[liberationtech] The status of SMTP security in email communication infrastructures
Moritz Bartl
moritz at headstrong.de
Mon Aug 26 04:00:47 PDT 2013
> - which of them offer SMTP/TLS when sending email?
> - which of them accept SMTP/TLS when receiving email?
One of the problems with the current configuration of mail servers
(STARTTLS) is that any active attacker can modify the STARTTLS command
and turn the session into plaintext without anyone noticing.
We should also analyze what ciphers are used for TLS sessions. For
example, Fabios mail, sent via Google, did not use a perfect forward
secret cipher:
Received: from mail-ee0-f52.google.com (mail-ee0-f52.google.com
[74.125.83.52])
(using TLSv1 with cipher RC4-SHA (128/128 bits))
(No client certificate requested)
by mailman.stanford.edu (Postfix) with ESMTPS id C360820074D
Whereas the connection from the stanford list mailserver to my
mailserver used a modern TLS connection and a perfect forward secret cipher:
Received: from smtp.stanford.edu (smtp1.Stanford.EDU [171.67.219.81])

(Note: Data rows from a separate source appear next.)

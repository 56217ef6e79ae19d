-- ===== src/Cfs/Release.antt =====
-- What `cfs_release_file` of cfs/src/cfs.c promises.
use fusefs_block.Base.{
  ℕ, zero, suc, ◌+◌, ◌-◌, ◌/◌, ◌%◌, ◌^◌, ◌≤◌, ◌<◌, ◌≡◌, ◌≢◌, refl, sym, ap, ◌∙◌, Option, none, some,
  List, [], ◌∷◌, arith, pos, drop, get_elem?, replicate, set, length-set,
}
use fusefs_block.Io.{minus_one}
use fusefs_block.Cfs.{CfsFile, CfsState}
use fusefs_block.Cfs.Header.{}
use fusefs_block.Cfs.Table.{find_slot, cfs_get_file, cfs_release_file}
use fusefs_block.Cfs.Slots.{drop-set, used, find_slot_holds, used-set_free, find_slot-set_ne}
use fusefs_block.Cfs.Invariant.{IsTable, used-le-half, entry_of, get_of}
use native.Mathlib.Decide.{dec_le}
use fusefs_block.Cfs.Entries.{pos_ne}

get_elem?-drop :
    {A : Type 0} (xs : List A) (n i : ℕ) → n ≤ i → get_elem? xs i ≡ get_elem? (drop n xs) (i - n)
get_elem?-drop xs zero i h = ap (get_elem? xs) (omega arith)
get_elem?-drop [] (suc n) i h = refl
get_elem?-drop (x ∷ xs) (suc n) zero h = absurd (omega arith)
get_elem?-drop (x ∷ xs) (suc n) (suc i) h =
    get_elem?-drop xs n i (omega arith) ∙ ap (get_elem? (drop n xs)) (omega arith)

get_elem?-replicate :
    {A : Type 0} (n i : ℕ) (a b : A) → get_elem? (replicate n a) i ≡ some b → b ≡ a
get_elem?-replicate zero i a b h = cc
get_elem?-replicate (suc n) zero a b h = cc
get_elem?-replicate (suc n) (suc i) a b h = get_elem?-replicate n i a b h

-- An entry that is in use is in the lower half.
in_use_low :
    (state : CfsState)
    → IsTable state
    → (fd i : ℕ) → get_elem? state.fds i ≡ some (pos fd)
    → i < state.fds_cap / 2
in_use_low state table fd i here = elim (dec_le (state.fds_cap / 2) i) [
  | no low ↦ omega arith
  | yes high ↦
      let free : pos fd ≡ minus_one =
        get_elem?-replicate (state.fds_cap / 2) (i - state.fds_cap / 2) minus_one (pos fd) (
          ap (λ xs. get_elem? xs (i - state.fds_cap / 2)) (sym table.upper_free)
          ∙ sym (get_elem?-drop state.fds (state.fds_cap / 2) i high)
          ∙ here) in
      absurd (cc)
]

-- The state in which entry `i` is free.
abbrev released : CfsState → ℕ → ℕ → CfsState
released state i n = record state { fds = set state.fds i minus_one; n_fds = n }

-- Releasing a file that is found gives 0. There is one file less, the invariant of the table is
-- kept, and every other descriptor finds what it found before. The table meets the invariant
-- before, and its capacity is below 2^63.
pub cfs_release_file_lem :
    (state : CfsState) (fd : ℕ) (f : CfsFile)
    → IsTable state
    → state.fds_cap < 2 ^ 63
    → cfs_get_file state (pos fd) ≡ some f
    → (after : CfsState) × (cfs_release_file state (pos fd) ≡ (pos 0, after))
      × IsTable after
      × (after.n_fds + 1 ≡ state.n_fds)
      × ((other : ℕ) → other ≢ fd → cfs_get_file after (pos other) ≡ cfs_get_file state (pos other))
unfolding cfs_release_file
cfs_release_file_lem state fd f table fits found = release (find_slot (pos fd) state.fds 0) refl
  where
    release :
        (o : Option ℕ)
        → find_slot (pos fd) state.fds 0 ≡ o
        → (after : CfsState) × (cfs_release_file state (pos fd) ≡ (pos 0, after))
          × IsTable after
          × (after.n_fds + 1 ≡ state.n_fds)
          × ((other : ℕ)
              → other ≢ fd
              → cfs_get_file after (pos other) ≡ cfs_get_file state (pos other))
    release none e = absurd (
        let never : none ≡ some f =
          ap (entry_of state.files) (sym e) ∙ sym (get_of state (pos fd)) ∙ found in
        cc)
    release (some k) e =
        let (i, shift, lt, here') = find_slot_holds (pos fd) state.fds 0 k e in
        let here : get_elem? state.fds k ≡ some (pos fd) =
          ap (get_elem? state.fds) (let e : k ≡ i = omega arith in e) ∙ here' in
        let less : suc (used (set state.fds k minus_one)) ≡ used state.fds =
          used-set_free state.fds k fd here in
        let count : (state.n_fds + 2 ^ 64 - 1) % 2 ^ 64 ≡ state.n_fds - 1 =
          omega (arith, table.counted, used-le-half state table) in
        (
          released state k (state.n_fds - 1),
          rw (cfs_release_file, e, count) refl,
          record {
            fds_length = length-set state.fds k minus_one ∙ table.fds_length;
            files_length = table.files_length;
            even = table.even;
            positive = table.positive;
            counted = omega (arith, table.counted);
            upper_free =
                drop-set state.fds k (state.fds_cap / 2) minus_one
                  (in_use_low state table fd k here)
                ∙ table.upper_free;
          },
          omega (arith, table.counted),
          λ other ne.
              get_of (released state k (state.n_fds - 1)) (pos other)
              ∙ ap (entry_of state.files) (
                  find_slot-set_ne (pos other) state.fds k 0 (pos fd) minus_one here
                    (pos_ne fd other (λ e. ne (sym e))) refl)
              ∙ sym (get_of state (pos other)),
        )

(using TLSv1.2 with cipher AECDH-AES256-SHA (256/256 bits))
(No client certificate requested)
by mail.headstrong.de (Postfix) with ESMTPS id 5107C1C0013B
Does anyone have contacts at Gmail, Fastmail, or any other large mail
provider that would be interested in conducting a study? At least
Postfix logs TLS information to mail.log by default, and can be
configured to add the above TLS information to mail headers.
To advance mail server security, I think the following would be
beneficial: Configure your mail server to accept old ciphers and non-TLS
sessions (from a cursory analysis of my inbox, this is sadly necessary;
not even Facebook or Twitter use TLS), but, at least for non-TLS
sessions, email both the sender and postmaster at senderdomain and inform
them about their deprecated setup (and point them to relevant guides).
Maybe even for non-PFS ciphers.
Technically, my idea was to set recipient_bcc_maps in Postfix and
deliver a copy of every incoming mail to a local script. The script then
parses Received-headers for TLS information, keeps a hashed database of
sender domains and senders around to not spam senders too much, and
sends out notifications.
Anyone interested in contributing such a script?
Also, we could use someone to simply parse mail.log and generate some
statistics from that. We're not aware of any such statistics.